On Thu, Aug 02, 2001 at 12:52:15PM +0200, BERND.STURM@xxxxxxxxxxxx wrote:
> We did packet captures with tcpdump and saw that the sender wouldn´t open up
> its tcp send window wide enough and every once in a while stall with its
> sending.
> This effect didn´t occur with 2.2.16 but all the kernel settings in
> /proc/sys/net were the same !
2.4 has an additional global TCP memory limit; see the tcp_mem entry in
/usr/src/linux/Documentation/networking/ip-sysctl.txt for details.
It also has more sysctls to tune the TCP buffer management, like
tcp_app_win or tcp_adv_win_scale.
> It seems, as strange as this may sound, that the 2.4.x-kernel-series has
> some kind of congestion window memory, that still remembers the congestion
> window of a former tcp-transfer, at least it acts this way. But this would
> in no way be conforming to the current tcp-standards !
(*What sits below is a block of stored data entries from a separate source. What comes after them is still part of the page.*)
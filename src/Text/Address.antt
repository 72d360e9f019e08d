-- ===== src/Text/Address.antt =====
-- How addresses are printed: `net.HardwareAddr.String` and `net.IP.String` of an IPv4 address.
use connector.Base.{
  ℕ, ◌+◌, ◌/◌, ◌%◌, ◌≡◌, refl, ◌-◌, true, false, [], ◌∷◌, ◌++◌, Bytes, ltb, if◌then◌else◌, arith,
  ◌==◌, All,
}
use connector.Text.{is_space, is_digit, is_empty, has_byte, format_uint}
use connector.Text.Words.{IsSolid, IsSolid-append, has_byte_none}
use connector.Text.Decimal.{format_uint-All}

abbrev pub hex_digit : ℕ → ℕ
hex_digit n = if ltb n 10 then b'0' + n else b'a' + (n - 10)

abbrev pub hex_byte : ℕ → Bytes
hex_byte b = hex_digit (b / 16) ∷ hex_digit (b % 16) ∷ []

abbrev pub join_with : ℕ → (ℕ → Bytes) → Bytes → Bytes
join_with sep print [] = []
join_with sep print (b ∷ []) = print b
join_with sep print (b ∷ c ∷ bs) = print b ++ sep ∷ join_with sep print (c ∷ bs)

unfoldable pub mac_string : Bytes → Bytes
mac_string = join_with b':' hex_byte

unfoldable pub ip_string : Bytes → Bytes
ip_string = join_with b'.' format_uint

-- A text without white space and NUL.
abbrev pub IsToken : Bytes → Type 0
IsToken s = IsSolid s × (has_byte 0 s ≡ false)

module _ (sep : ℕ) (print : ℕ → Bytes) (words : (n : ℕ) → IsToken (print n)) where
  join_with-IsToken :
      is_space sep ≡ false → (sep == 0) ≡ false → (bs : Bytes) → IsToken (join_with sep print bs)
  join_with-IsToken hs hz [] = (tt, refl)
  join_with-IsToken hs hz (b ∷ []) = words b
  join_with-IsToken hs hz (b ∷ c ∷ bs) =
      let (solid, plain) = join_with-IsToken hs hz (c ∷ bs) in
      let rest = join_with sep print (c ∷ bs) in
      (
        IsSolid-append (print b) (sep ∷ rest) (words b).0 (hs, solid),
        has_byte_none 0 (print b) (sep ∷ rest) (words b).1 (ground (arith, hz, plain)),
      )

hex_byte-IsToken : (n : ℕ) → IsToken (hex_byte n)
hex_byte-IsToken n = ground arith

pub mac_string-IsToken : (bs : Bytes) → IsToken (mac_string bs)
unfolding mac_string
mac_string-IsToken bs = join_with-IsToken b':' hex_byte hex_byte-IsToken refl refl bs

digits-IsToken : (s : Bytes) → All (λ c. is_digit c ≡ true) s → IsToken s
digits-IsToken [] h = (tt, refl)
digits-IsToken (c ∷ cs) (h, hs) =
    let (solid, plain) = digits-IsToken cs hs in ((ground arith, solid), ground (arith, plain))

pub format_uint-IsToken : (n : ℕ) → IsToken (format_uint n)
format_uint-IsToken n = digits-IsToken (format_uint n) (format_uint-All n)

pub ip_string-IsToken : (bs : Bytes) → IsToken (ip_string bs)
unfolding ip_string
ip_string-IsToken bs = join_with-IsToken b'.' format_uint format_uint-IsToken refl refl bs

pub join_with_full :
    (sep : ℕ) (print : ℕ → Bytes) (b : ℕ) (bs : Bytes)
    → ((n : ℕ) → is_empty (print n) ≡ false)
    → is_empty (join_with sep print (b ∷ bs)) ≡ false
join_with_full sep print b [] h = h b
join_with_full sep print b (c ∷ bs) h =
    full_append (print b) (sep ∷ join_with sep print (c ∷ bs)) (h b)
  where
    full_append : (v w : Bytes) → is_empty v ≡ false → is_empty (v ++ w) ≡ false
    full_append [] w e = cc
    full_append (x ∷ xs) w e = refl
2.4 saves cwnds and some other information in the destination cache, similar
to many other stacks (e.g. Solaris). You can get rid of this information
by flushing the routing cache (echo 1 > /proc/sys/net/ipv4/route/flush)
> By the way, what´s this no_cong, lo_cong, mod_cong-stuff in
> /proc/sys/net/core ??
They define how the stack drops packets on overload.